Ideally, you should get your spare bike on the rollers for 45 minutes to warm-up before the TT. You never know if you will P* on the road warm-up.


----------



## peanut (14 May 2009)

Joe24 said:


> I used to go out regulary and do 30miles in 1:29, and sometimes 1:28, and thats with hills in.
> Sorry no more pissing contests
> 
> Talking about pissing though, have you ever just been going along and had the urge to pee. Then you get off and pee(chose a spot with a nice view) and be peeing there for ages taking in the view?



yep and a car pulled up and two ladies and a dog got out and started to walk into the wood  had to make out I was stretching my legs  I don't think they noticed


----------



## Randochap (14 May 2009)

The first thing you need to do is not believe half ... make that 9/10ths of what you read on internet bike forums -- especially when it comes to "average speeds."

Average speed doesn't mean much. The thing is how well are you doing for a given terrain and the conditions. Some will tell you it's only watts that count.

I'd say, just go out and enjoy your bicycle at this point.

If you want to improve the "ride" of your present bike, the cheapest upgrade is to get rid of the knobbies and put some slicks on it.
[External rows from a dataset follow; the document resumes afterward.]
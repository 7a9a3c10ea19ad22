-- ===== src/AoqLog/Buffer.antt =====
-- The log buffer as a text, and `writeAoqLog` and `saveAoqLog` on it.
use aoq.Prelude.{
  ◌⊎◌, inl, inr, append-nil, ℕ, zero, suc, ◌+◌, ◌-◌, ◌≤◌, ◌<◌, ◌∙◌, ap, ◌≡◌, refl, ◌≢◌, Bool, true,
  false, List, [], ◌∷◌, ◌++◌, arith, length, All, append_assoc, length-append, ltb, ◌==◌, not, ◌||◌,
  ◌&&◌, some, none,
}
use aoq.Prelude.Int.{pos, negsuc}
use aoq.Heap.{Ptr, null, ok, Returns, Heap, read, load-ok}
use aoq.Heap.Chain.{node, Cells, first, Chain}
use aoq.CText.{c_string}
use aoq.CText.Copy.{All-append, copy_to-zeros}
use aoq.CText.Strings.{c_string-text}
use aoq.MemPool.{zeros, Chunk, ChunkNode, Mem}
use aoq.MemPool.Slab.{IsSlab}
use aoq.CText.{copy_to}
use aoq.AoqLog.{AoqLog, make_room, write_loop, write_aoq_log, save_aoq_log}

-- The buffer holds the text, which has no `NUL`, and zeros behind it, at least one.
pub record IsLog (l : AoqLog) (text : List ℕ) : Type 0 where
  pub left : ℕ
  pub bytes : l.log ≡ text ++ zeros (suc left)
  pub size : l.size ≡ length text + suc left
  pub len : l.len ≡ length text
  pub no_nul : All (λ c. c ≢ 0) text

-- The texts of the chunks, one behind the other.
abbrev pub Texts : Cells Chunk → List ℕ → Type 0
Texts [] text = text ≡ []
Texts ((p, c) ∷ ys) text =
    (t : List ℕ) × (beyond : List ℕ) × (rest : List ℕ) × (c ≡ t ++ 0 ∷ beyond)
    × All (λ c. c ≢ 0) t
    × (text ≡ t ++ rest)
    × Texts ys rest

-- A chunk's text with room behind it.
copied-IsLog :
    (garbage : ℕ → List ℕ) (l : AoqLog) (text t : List ℕ)
    → IsLog l text
    → All (λ c. c ≢ 0) t
    → length text + length t < l.size
    → (make_room garbage (length t) l ≡ l)
      × (Returns
          (copy_to l.log l.len t)
          λ bytes. IsLog (record l { log = bytes; len = l.len + length t }) (text ++ t))
unfolding make_room
copied-IsLog garbage l text t is nz fits =
    let k = is.left - length t in
    let split : suc (is.left) ≡ length t + suc k = omega (arith, is.size) in
    let bytes : l.log ≡ text ++ zeros (length t + suc k) = rw (← split) is.bytes in
    (
      ground (arith, is.len),
      (
        (text ++ t) ++ zeros (suc k),
        rw (bytes, is.len) (copy_to-zeros text t (suc k)),
        record {
          left = k;
          bytes = refl;
          size = omega (arith, is.size, length-append text t);
          len = omega (arith, is.len, length-append text t);
          no_nul = All-append text t is.no_nul nz;
        },
      ),
    )

write_loop-chunk :
    (garbage : ℕ → List ℕ) (fuel : ℕ) (h : Heap ChunkNode) (p q : Ptr) (c t bytes : List ℕ)
    (l : AoqLog)
    → p ≢ null
    → read h p ≡ some (node c q)
    → c_string c ≡ ok t
    → make_room garbage (length t) l ≡ l
    → copy_to l.log l.len t ≡ ok bytes
    → write_loop garbage (suc fuel) h p l
      ≡ write_loop garbage fuel h q (record l { log = bytes; len = l.len + length t })
unfolding write_loop
write_loop-chunk garbage fuel h p q c t bytes l ne r e roomy copied =
    let go : p == null ≡ false = ground arith in rw (load-ok h p ne r, e, roomy, copied, go)

write_loop-IsLog :
    (garbage : ℕ → List ℕ) (fuel : ℕ) (h : Heap ChunkNode) (ys : Cells Chunk) (l : AoqLog)
    (text more : List ℕ)
    → IsLog l text
    → Chain h ys
    → Texts ys more
    → length text + length more < l.size
    → length ys < fuel
    → Returns
        (write_loop garbage fuel h (first ys) l)
        λ l'. IsLog l' (text ++ more) × (l'.size ≡ l.size)
write_loop-IsLog garbage zero h ys l text more is chain texts fits lt = absurd (omega arith)
write_loop-IsLog garbage (suc fuel) h [] l text more is chain texts fits lt =
    (l, unfold write_loop in refl, rw (texts, append-nil) (is, refl))
write_loop-IsLog garbage (suc fuel) h ((p, c) ∷ ys) l text more is (ne, r, out, chain)
      (t, beyond, rest, ec, nz, em, texts) fits lt =
    let total : length more ≡ length t + length rest = ap length em ∙ length-append t rest in
    let (roomy, (bytes, copied, is')) =
      copied-IsLog garbage l text t is nz (omega (arith, total)) in
    let (l', run, (is'', size)) =
      write_loop-IsLog garbage fuel h ys (record l { log = bytes; len = l.len + length t })
        (text ++ t) rest is' chain texts (omega (arith, total, length-append text t))
        (omega arith) in
    (
      l',
      write_loop-chunk garbage fuel h p (first ys) c t bytes l ne r
            (rw ec (c_string-text t beyond nz)) roomy copied
          ∙ run,
      (rw (em, ← append_assoc) is'', size),
    )

-- When the buffer has room for it, and the fuel is beyond the number of the slab's chunks, `writeAoqLog`
-- appends the texts of a request's chunks, in order, to what the buffer holds, and its size stays.
pub write_aoq_log-IsLog :
    (garbage : ℕ → List ℕ) (fuel : ℕ) (slab : Ptr) (m : Mem) (ys : Cells Chunk) (l : AoqLog)
    (text more : List ℕ)
    → IsLog l text
    → IsSlab m slab ys
    → Texts ys more
    → length text + length more < l.size
    → length ys < fuel
    → Returns
        (write_aoq_log garbage fuel slab m l)
        λ l'. IsLog l' (text ++ more) × (l'.size ≡ l.size)
unfolding write_aoq_log
write_aoq_log-IsLog garbage fuel slab m ys l text more is holds texts fits lt =
    rw (load-ok m.slabs slab holds.ne_null holds.holds)
      (write_loop-IsLog garbage fuel m.chunks ys l text more is holds.chain texts fits lt)

save_is_due :
    (force : Bool) (l : AoqLog) (text : List ℕ)
    → IsLog l text
    → 0 < length text
    → (force ≡ true) ⊎ (100000 ≤ length text)
    → (l.len == 0 || (not force && ltb l.len 100000)) ≡ false
save_is_due force l text is some_text (inl forced) =
    let e : l.len == 0 ≡ false = ground (arith, is.len) in rw (forced, e) refl
save_is_due true l text is some_text (inr long) = ground (arith, is.len)
save_is_due false l text is some_text (inr long) = ground (arith, is.len)

-- When the buffer holds a text that is not empty, and it is forced or the text has 100000 bytes or more,
-- `saveAoqLog` returns 1 if the print succeeds: just the text goes to the file, and the buffer is empty
-- then. If the print fails, it returns -2, and the buffer stays.
pub save_aoq_log-IsLog :
    (force : Bool) (l : AoqLog) (text : List ℕ)
    → IsLog l text
    → 0 < length text
    → (force ≡ true) ⊎ (100000 ≤ length text)
    → (Returns (save_aoq_log force none l) λ r. (r.0 ≡ pos 1) × (r.1 ≡ text) × IsLog r.2 [])
      × ((written : List ℕ) → save_aoq_log force (some written) l ≡ ok (negsuc 1, written, l))
unfolding save_aoq_log
save_aoq_log-IsLog force l text is some_text due =
    let read_back : c_string l.log ≡ ok text =
      rw is.bytes (c_string-text text (zeros is.left) is.no_nul) in
    let go = save_is_due force l text is some_text due in
    (
      (
        (pos 1, text, record l { log = zeros l.size; len = 0 }),
        rw (go, read_back),
        (
          refl,
          refl,
          record {
            left = l.size - 1;
            bytes = let e : l.size ≡ suc (l.size - 1) = omega (arith, is.size) in ap zeros e;
            size = omega (arith, is.size);
            len = refl;
            no_nul = tt;
          },
        ),
      ),
      λ written. rw (go, read_back),
    )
Have look around VeloWeb for some other tips and inspiration.

Cheers,
Rando


----------



## colinr (14 May 2009)

> On my TT bike(also fixed) my PB so far(only used it 2 times) is 24:55 on a windy day



I devised a 10 mile route and managed 33:53 today (fixed). It had a lot more hills in it than I realised when plotting it on google maps. I hope your route is quite flat, otherwise I feel really unfit.

However, a few years ago I couldn't get up one of the hills on my route, and I was using gears then, so I claim a personal victory


----------



## peanut (14 May 2009)

colinr said:


> I devised a 10 mile route and managed 33:53 today (fixed). It had a lot more hills in it than I realised when plotting it on google maps. I hope your route is quite flat, otherwise I feel really unfit.
> 
> However, a few years ago I couldn't get up one of the hills on my route, and I was using gears then, so I claim a personal victory


well done colinr
I'm working out a 10 mile loop myself tonight . Can't wait to try it out. 30 mins is the best I used to do I'd be well happy with 33mins but it does have a few corners and hills


----------



## Al Fowler (15 May 2009)

Im going to have to try a 10 mile loop myself once my hybrid comes back from the menders.....the derailleur decided to rip itself off the bike when it somehow hit my spokes.....


----------



## jimboalee (15 May 2009)

Randochap said:


> The first thing you need to do is not believe half ... make that 9/10ths of what you read on internet bike forums -- especially when it comes to "average speeds."
> 
> Average speed doesn't mean much. The thing is how well are you doing for a given terrain and the conditions. Some will tell you it's only watts that count.
> 
> ...



This year's aim for me is to gain AUK's Brevet 2000. My choice is to do it by way of 20 x 100km rides.

My strategy is to ride most of them as DIYs, choosing towns ~50km away, ride and return.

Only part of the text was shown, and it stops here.